# Important Michigan Self-Defense Bills...



## Cruentus (Apr 17, 2006)

I am hoping it is O.K. to post this (I wouldn't post it if I thought it wasn't O.K.), but here is an email I recieved from the advocacy group that I am a part of: GLSDA. You can learn more by clicking on the banner above, as they sponser this forum.

If your in Michigan, I encourage you to contact your representative. I know it might be a little late for this vote, but keep on them for the next ones, especially if any of these bills don't pass.

I also highly suggest becoming a GLSDA member if you are in the Great Lakes Region. By joining this advocacy group, you will have access to combat research, a great newsletter, and up to date information of important legislative issues involving self-defense as they come up.

Anyways, Some have inquired about "Duty to retreat" and other legal issues on MartialTalk, and I promised to keep everyone up to date on some of these bills. 

I hope that despite the anti-self-defense lobbyists, that these bills pass with flying colors...

Paul

_Dear Paul Janulis,

What do criminals and anti-gun lobbyists have in common?

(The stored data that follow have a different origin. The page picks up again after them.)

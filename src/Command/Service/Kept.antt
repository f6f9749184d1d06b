-- ===== src/Command/Service/Kept.antt =====
-- The operations of the command service are made of the shared steps; a new command takes the write
-- of its rows besides.
use veyaan_core_backend.Prelude.{ℕ}
use veyaan_core_backend.Python.{Error, state_transition}
use veyaan_core_backend.Database.{Environment}
use veyaan_core_backend.Database.Session.{Session, modify}
use veyaan_core_backend.Database.Keeps.{Keeps, keeps_rules}
use veyaan_core_backend.Command.Model.{Command}
use veyaan_core_backend.Command.Registry.{CommandDefinition}
use veyaan_core_backend.Approval.Repository.{create_approval}
use veyaan_core_backend.Approval.Repository.Kept.{Keeps-append_approval}
use veyaan_core_backend.Device.Model.{Device}
use veyaan_core_backend.Kept.{IsKept, kept_rules, Keeps-append_event}
use veyaan_core_backend.Command.Service.{
  CreateCommandRequest, Fresh, replay, insert_rows, await_approval, enqueue, create_new, define,
  on_device, create_command, on_refusal, cancel_command, approve_command, reject_command,
}

module _ {P : Session → Type 0} (r : IsKept P) where
  pub Keeps-on_refusal : (e : Error) → Keeps P (on_refusal e)
  Keeps-on_refusal (state_transition i) = search keeps_rules
  Keeps-on_refusal e = search keeps_rules

pub ruleset service_rules =
    (kept_rules, Keeps-append_event, Keeps-append_approval, Keeps-on_refusal)

module _ {P : Session → Type 0} (r : IsKept P) (env : Environment) where
  pub Keeps-cancel_command :
      (command_id owner_id : ℕ) → Keeps P (cancel_command env command_id owner_id)
  unfolding cancel_command
  Keeps-cancel_command command_id owner_id = search service_rules depth 16

  pub Keeps-approve_command : (command_id : ℕ) → Keeps P (approve_command env command_id)
  unfolding approve_command
  Keeps-approve_command command_id = search service_rules depth 12

  pub Keeps-reject_command : (command_id : ℕ) → Keeps P (reject_command env command_id)
  unfolding reject_command
  Keeps-reject_command command_id = search service_rules depth 12

  module _ (ids : Fresh) where
    pub Keeps-await_approval :
        (owner_id : ℕ) (c : Command) → Keeps P (await_approval env ids owner_id c)
    unfolding await_approval create_approval
    Keeps-await_approval owner_id c = search service_rules depth 16

    pub Keeps-enqueue : (c : Command) → Keeps P (enqueue env ids c)
    unfolding enqueue
    Keeps-enqueue c = search service_rules depth 16

    module _ (request : CreateCommandRequest)
        (inserts : (d : CommandDefinition) → Keeps P (modify (insert_rows env ids request d))) where
      Keeps-create_new :
          (owner_id : ℕ) (d : CommandDefinition) → Keeps P (create_new env ids request owner_id d)
      unfolding create_new
      Keeps-create_new owner_id d =
          search (keeps_rules, inserts, Keeps-await_approval, Keeps-enqueue) depth 10

      Keeps-define : (owner_id : ℕ) → Keeps P (define env ids request owner_id)
      unfolding define
      Keeps-define owner_id = search (keeps_rules, Keeps-create_new) depth 10

      Keeps-replay : (c : Command) → Keeps P (replay request c)
      unfolding replay
      Keeps-replay c = search keeps_rules depth 8

      Keeps-on_device : (owner_id : ℕ) (d : Device) → Keeps P (on_device env ids request owner_id d)
      unfolding on_device
      Keeps-on_device owner_id d = search (kept_rules, Keeps-define, Keeps-replay) depth 16

      pub Keeps-create_command : (owner_id : ℕ) → Keeps P (create_command env ids request owner_id)
      unfolding create_command
      Keeps-create_command owner_id = search (keeps_rules, Keeps-on_device) depth 10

They prefer 
easy targets and they take what you don't protect!

Michigan House Bills 5142, 5143, HB 5153 and 5548 will go before the 
Judiciary Committee on Tuesday, 4-18-06. For a description of these 
Bills, please visit the "GLSDA Watch" at www.glsda.org. These Bills are 
under attack by an organized coalition of activist who opposes your right 
of self-defense. Because of the time sensitive nature of this issue, all 
members are encouraged to contact your State Representative and express 
your support of these Bills by fax. To identify your Representative, 
and to obtain their contact information, please click here:

http://www.glsda.org/Default.aspx?tabid=94

You are also encouraged to contact the members of the Judiciary 
Committee. You can obtain their information here:

http://house.michigan.gov/committeeinfo.asp?lstcommittees=judiciary&submit=Go

Don't let the criminals and anti-gun lobbyists win. Protect your right 
of self-defense by contacting your State Representative today and 
encourage others to do the same!_


----------



## Rich Parsons (Apr 17, 2006)

Thanks for the information Paul.


----------



## Cruentus (Apr 17, 2006)

And for those of you too lazy to click the above links (lol)

Here are some of the Bill descriptions. The top ones have become law already due to intelligent votes by our legislatures as well as advocacy and awareness groups like GLSDA...

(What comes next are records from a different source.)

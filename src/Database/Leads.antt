-- ===== src/Database/Leads.antt =====
-- Operations that start from tables as they were committed and end within a relation.
use veyaan_core_backend.Prelude.{Bool, true, false, Option, none, some, if◌then◌else◌}
use veyaan_core_backend.Python.{Error, Result, ok, err}
use veyaan_core_backend.Database.Session.{Session, Tx, raise, continue, ◌>>=◌, case_found}
use veyaan_core_backend.Database.Keeps.{Keeps, Keeps-continue}

-- From `P` the operation ends in `Q`, whether it returns or raises.
pub record Leads {ℓ} {A : Type ℓ} (P Q : Session → Type 0) (m : Tx A) : Type ℓ where
  pub at : (x : Session) → P x → Q (m x).1

module _ {P Q : Session → Type 0} (weaken : (x : Session) → P x → Q x) where
  module _ {ℓ} {A : Type ℓ} where
    pub Leads-raise : (e : Error) → Leads P Q (raise {A = A} e)
    Leads-raise e = record { at = weaken }

    pub Leads-Keeps : (m : Tx A) → Keeps P m → Leads P Q m
    Leads-Keeps m km = record { at = λ x h. weaken (m x).1 (km.at x h) }

  module _ {ℓ κ} {A : Type ℓ} {B : Type κ} where
    Leads-continue :
        (r : Result A) (f : A → Tx B) → ((a : A) → Leads P Q (f a)) → Leads P Q (continue r f)
    Leads-continue (ok a) f lf = lf a
    Leads-continue (err e) f lf = record { at = weaken }

    -- First a part that keeps `P`, then one that leads to `Q`.
    pub Leads-bind :
        (m : Tx A) (f : A → Tx B) → Keeps P m → ((a : A) → Leads P Q (f a)) → Leads P Q (m >>= f)
    Leads-bind m f km lf = record {
      at = λ x h. let (r, x') = m x in (Leads-continue r f lf).at x' (km.at x h);
    }

module _ {P Q : Session → Type 0} where
  module _ {ℓ} {A : Type ℓ} where
    pub Leads-if :
        (b : Bool) (m n : Tx A) → Leads P Q m → Leads P Q n → Leads P Q (if b then m else n)
    Leads-if true m n lm ln = lm
    Leads-if false m n lm ln = ln

  module _ {ℓ κ} {A : Type ℓ} {B : Type κ} where
    pub Leads-case_found :
        (o : Option A) (m : Tx B) (f : A → Tx B)
        → Leads P Q m
        → ((a : A) → Leads P Q (f a))
        → Leads P Q (case_found o m f)
    Leads-case_found none m f lm lf = lm
    Leads-case_found (some a) m f lm lf = lf a

    -- First a part that leads to `Q`, then one that keeps it.
    pub Leads-then :
        (m : Tx A) (f : A → Tx B) → Leads P Q m → ((a : A) → Keeps Q (f a)) → Leads P Q (m >>= f)
    Leads-then m f lm kf = record {
      at = λ x h. let (r, x') = m x in (Keeps-continue r f kf).at x' (lm.at x h);
    }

*H.B. 4643**(MI) BECOMES LAW!  **Michigan Public Act 92 of 2006 amends the handgun licensure law to address delay problems in the renewal process.  It r*equires a concealed weapon licensing board to issue or deny a renewal license within 60 days after a licensee properly applied for renewal and extends the original license period if the board does not meet the 60-day requirement.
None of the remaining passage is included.